Я никогда не был на его могиле.
Дома меня ждала маленькая страшная бумажка. Повестка в военкомат. Там было написано, что я должен как штык явиться к восьми часам утра в военкомат, для отдания священного долга родине, а если я не явлюсь как штык и не отдам родине священный долг по доброй воле, государство оставляет за собой право взыскать этот долг силой. Заинтригованный таким наездом, я отправился в военкомат.
Там меня спросили, как я отношусь к странам НАТО. Я сказал, что хуево отношусь. Ответ понравился. Меня направили на медицинскую комиссию.
Дома я спросил маму, почему родина хочет, чтобы я отдал ей долг, да еще священный – ведь ничего священного у родины я вроде бы не одалживал, если только по синьке, да, тогда я мог не помнить, но мне об этом обязательно рассказал бы Стасик Усиевич, который всегда запоминал, что творят синие друзья в бессознанке.
Мама сказала:
– Неужели родина тебе ничего не дала?
Я сказал:
– Ну, конечно, дала. Двор, друзья, каникулы – но я думал, все это родина мне подарила.
А мама сказала:
– Запомни, сынок. Родина никому ничего не дарит. Она дает в долг. Два года – не такие большие проценты.
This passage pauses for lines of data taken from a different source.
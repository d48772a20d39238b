-- ===== src/Lights.antt =====
-- lib/openathan-core/src/lights.cpp and include/openathan/lights.h: the saved light preference with
-- its record and update, the light's mode and its frames.
pub mod Record
pub mod Service
pub mod Mode
pub mod Frame
pub mod Schedule
use openathan.Base.{ℕ, Bool}

pub record LightSettings : Type 0 where
  pub enabled : Bool
  pub brightness_percent : ℕ

pub record SavedLights : Type 0 where
  pub revision : ℕ
  pub value : LightSettings
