-- ===== src/Lights/Mode.antt =====
-- `light_mode` and `prayer_proximity`: the light's mode from the settings and the device's inputs.
use openathan.Base.{
  ℕ, ◌≤◌, ◌<◌, ◌≡◌, ◌≢◌, ℤ, pos, ◌-ℤ◌, ◌≤ℤ◌, leb_ℤ, Bool, not, ◌||◌, Option, none, some, ◌==◌, ◌⊎◌,
  if◌then◌else◌, arith, -ℤ_parts,
}
use openathan.Lights.{LightSettings}

pub data LightMode : Type 0 where
  off green orange red playing_mode waiting fault_mode : LightMode

pub record LightInputs : Type 0 where
  pub maintenance : Bool
  pub fault : Bool
  pub setup_complete : Bool
  pub clock_ready : Bool
  pub playing : Bool
  pub next_utc : Option ℤ
  pub utc : ℤ

unfoldable pub prayer_proximity : ℤ → LightMode
prayer_proximity remaining_seconds =
    if leb_ℤ remaining_seconds (pos 0)
    then off
    else if leb_ℤ remaining_seconds (pos 600)
    then red
    else if leb_ℤ remaining_seconds (pos 1800)
    then orange
    else green

-- The last two lines of `light_mode`.
countdown : Option ℤ → ℤ → LightMode
unfolding prayer_proximity
countdown none utc = off
countdown (some next) utc = if leb_ℤ next utc then off else prayer_proximity (next -ℤ utc)

unfoldable pub light_mode : LightSettings → LightInputs → LightMode
unfolding countdown
light_mode s i =
    if not s.enabled || s.brightness_percent == 0 || i.maintenance
    then off
    else if i.fault
    then fault_mode
    else if not i.setup_complete || not i.clock_ready
    then waiting
    else if i.playing
    then playing_mode
    else countdown i.next_utc i.utc

-- How near a prayer a mode stands for.
abbrev pub nearness : LightMode → ℕ
nearness green = 1
nearness orange = 2
nearness red = 3
nearness _ = 0

countdown_approach :
    (next : Option ℤ) (earlier later : ℤ)
    → earlier ≤ℤ later
    → countdown next later ≢ off
    → (nearness (countdown next earlier) ≤ nearness (countdown next later))
      × (0 < nearness (countdown next earlier))
unfolding countdown prayer_proximity
countdown_approach none earlier later h lit = ground arith
countdown_approach (some next) earlier later h lit =
    ground (arith, -ℤ_parts next earlier, -ℤ_parts next later)

-- With all other inputs equal and the next prayer still ahead of the later time, the mode at the
-- later time is the same signal (fault, waiting or playing) or a colour of the countdown that is at
-- least as near to the prayer, in the order green, orange, red.
pub light_mode_approach :
    (s : LightSettings) (i : LightInputs) (later : ℤ)
    → i.utc ≤ℤ later
    → light_mode s (record i { utc = later }) ≢ off
    → let then_mode = light_mode s (record i { utc = later }) in
      ((light_mode s i ≡ then_mode) ⊎ (0 < nearness (light_mode s i)))
      × (nearness (light_mode s i) ≤ nearness then_mode)
unfolding light_mode
light_mode_approach s i later h lit = ground (arith, countdown_approach i.next_utc i.utc later h)
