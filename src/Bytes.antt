-- ===== src/Bytes.antt =====
-- Little-endian words in byte records, and the CRC-32 that closes each record. The source repeats
-- the three loops in each record file (lib/openathan-core/src/display.cpp and its siblings); the
-- reader is also `read_u32` of include/openathan/audio_image.h.
pub mod Signed
use Prim.Native.Nat.{bit_xor}
use openathan.Base.{
  ℕ, zero, suc, ◌+◌, ◌-◌, ◌*◌, ◌/◌, ◌%◌, ◌^◌, ◌<◌, ◌≡◌, refl, List, [], ◌∷◌, get_or, set, ◌==◌,
  if◌then◌else◌, arith,
}

abbrev pub u32_mod : ℕ
u32_mod = 2 ^ 32

-- `record[at + i] = value >> (8 * i)` for i below the first argument.
abbrev pub put_bytes : ℕ → List ℕ → ℕ → ℕ → List ℕ
put_bytes zero r at v = r
put_bytes (suc n) r at v = put_bytes n (set r at (v % 256)) (at + 1) (v / 256)

abbrev pub put_u32 : List ℕ → ℕ → ℕ → List ℕ
put_u32 r at v = put_bytes 4 r at v

-- The same bytes, appended to a record that is filled from its start.
abbrev pub bytes_of : ℕ → ℕ → List ℕ
bytes_of zero v = []
bytes_of (suc n) v = v % 256 ∷ bytes_of n (v / 256)

-- `value |= uint32_t(record[at + i]) << (8 * i)`: the bytes do not overlap.
abbrev pub read_bytes : ℕ → List ℕ → ℕ → ℕ
read_bytes zero r at = 0
read_bytes (suc n) r at = get_or r at 0 + 256 * read_bytes n r (at + 1)

abbrev pub read_u32 : List ℕ → ℕ → ℕ
read_u32 r at = read_bytes 4 r at

-- `value = (value >> 1) ^ ((value & 1) ? 0xEDB88320 : 0)`, as often as the first argument says.
crc_bits : ℕ → ℕ → ℕ
crc_bits zero v = v
crc_bits (suc n) v = crc_bits n (bit_xor (v / 2) (if v % 2 == 1 then 0xEDB88320 else 0))

crc_bytes : ℕ → List ℕ → ℕ
unfolding crc_bits
crc_bytes v [] = v
crc_bytes v (b ∷ bs) = crc_bytes (crc_bits 8 (bit_xor v b)) bs

-- `~value` on 32 bits.
unfoldable pub crc32 : List ℕ → ℕ
unfolding crc_bytes
crc32 bytes = 0xFFFF_FFFF - crc_bytes 0xFFFF_FFFF bytes

pub crc32-lt : (bytes : List ℕ) → crc32 bytes < u32_mod
unfolding crc32
crc32-lt bytes = omega arith

-- Four bytes written and read back.
pub word_bytes :
    (v : ℕ)
    → v < u32_mod
    → v % 256
        + 256
          * (v / 256 % 256
              + 256 * (v / 256 / 256 % 256 + 256 * (v / 256 / 256 / 256 % 256 + 256 * 0)))
      ≡ v
word_bytes v h = omega arith

-- Eight bytes written and read back.
pub double_word_bytes :
    (t : ℕ)
    → t < 2 ^ 64
    → t % 256
        + 256
          * (t / 256 % 256
              + 256
                * (t / 256 / 256 % 256
                    + 256
                      * (t / 256 / 256 / 256 % 256
                          + 256
                            * (t / 256 / 256 / 256 / 256 % 256
                                + 256
                                  * (t / 256 / 256 / 256 / 256 / 256 % 256
                                      + 256
                                        * (t / 256 / 256 / 256 / 256 / 256 / 256 % 256
                                            + 256
                                              * (t / 256 / 256 / 256 / 256 / 256 / 256 / 256 % 256
                                                  + 256 * 0)))))))
      ≡ t
double_word_bytes t h = omega arith

crc_check : crc32 (b'1' ∷ b'2' ∷ b'3' ∷ b'4' ∷ b'5' ∷ b'6' ∷ b'7' ∷ b'8' ∷ b'9' ∷ []) ≡ 0xCBF43926
unfolding crc32
crc_check = refl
Я стал думать, как мне сделать так, чтобы у меня пуговицы не стали в ряд. Сначала я вспомнил, что есть такая мощная маза, как членовредительство. Мне нравилось это слово – «членовредительство». Когда-то я даже думал, что заниматься членовредительством – это вредить своему члену. Много позже я так и поступал, но об этом позже, в главах, посвященных любви. Я помнил из книг о войне, что была еще такая тема, как самострел. Но это как-то не по-геройски – стрелять себе в ногу или ягодицу. Я признавал только такой самострел, как у Маяковского. С другой стороны, такой самострел, как у Маяковского, делать мне было глупо и рано – это избавило бы мои пуговицы от построения в ряд, но прервало бы мой геройский путь, а прерывать его, не исполнив свой долг, – стыдно.
Да, я считал, что у меня есть долг. Воевать. С пидарасами. Я был готов даже погибнуть, если надо. Как говорил учитель труда – надо так надо, к пятнице сделаю. Лучше, конечно, не погибнуть, а увидеть победу. Я был согласен на ранение, а лучше на контузию. У контуженых больше прав в конфликтных ситуациях. Я был согласен потерять даже ногу или руку, хуй с ними. Можно и на одной ноге быстро бегать, по синьке так многие делают. И можно и одной рукой писать буквы, мой долг – писать буквы, тексты, это оружие массового поражения пидарасов.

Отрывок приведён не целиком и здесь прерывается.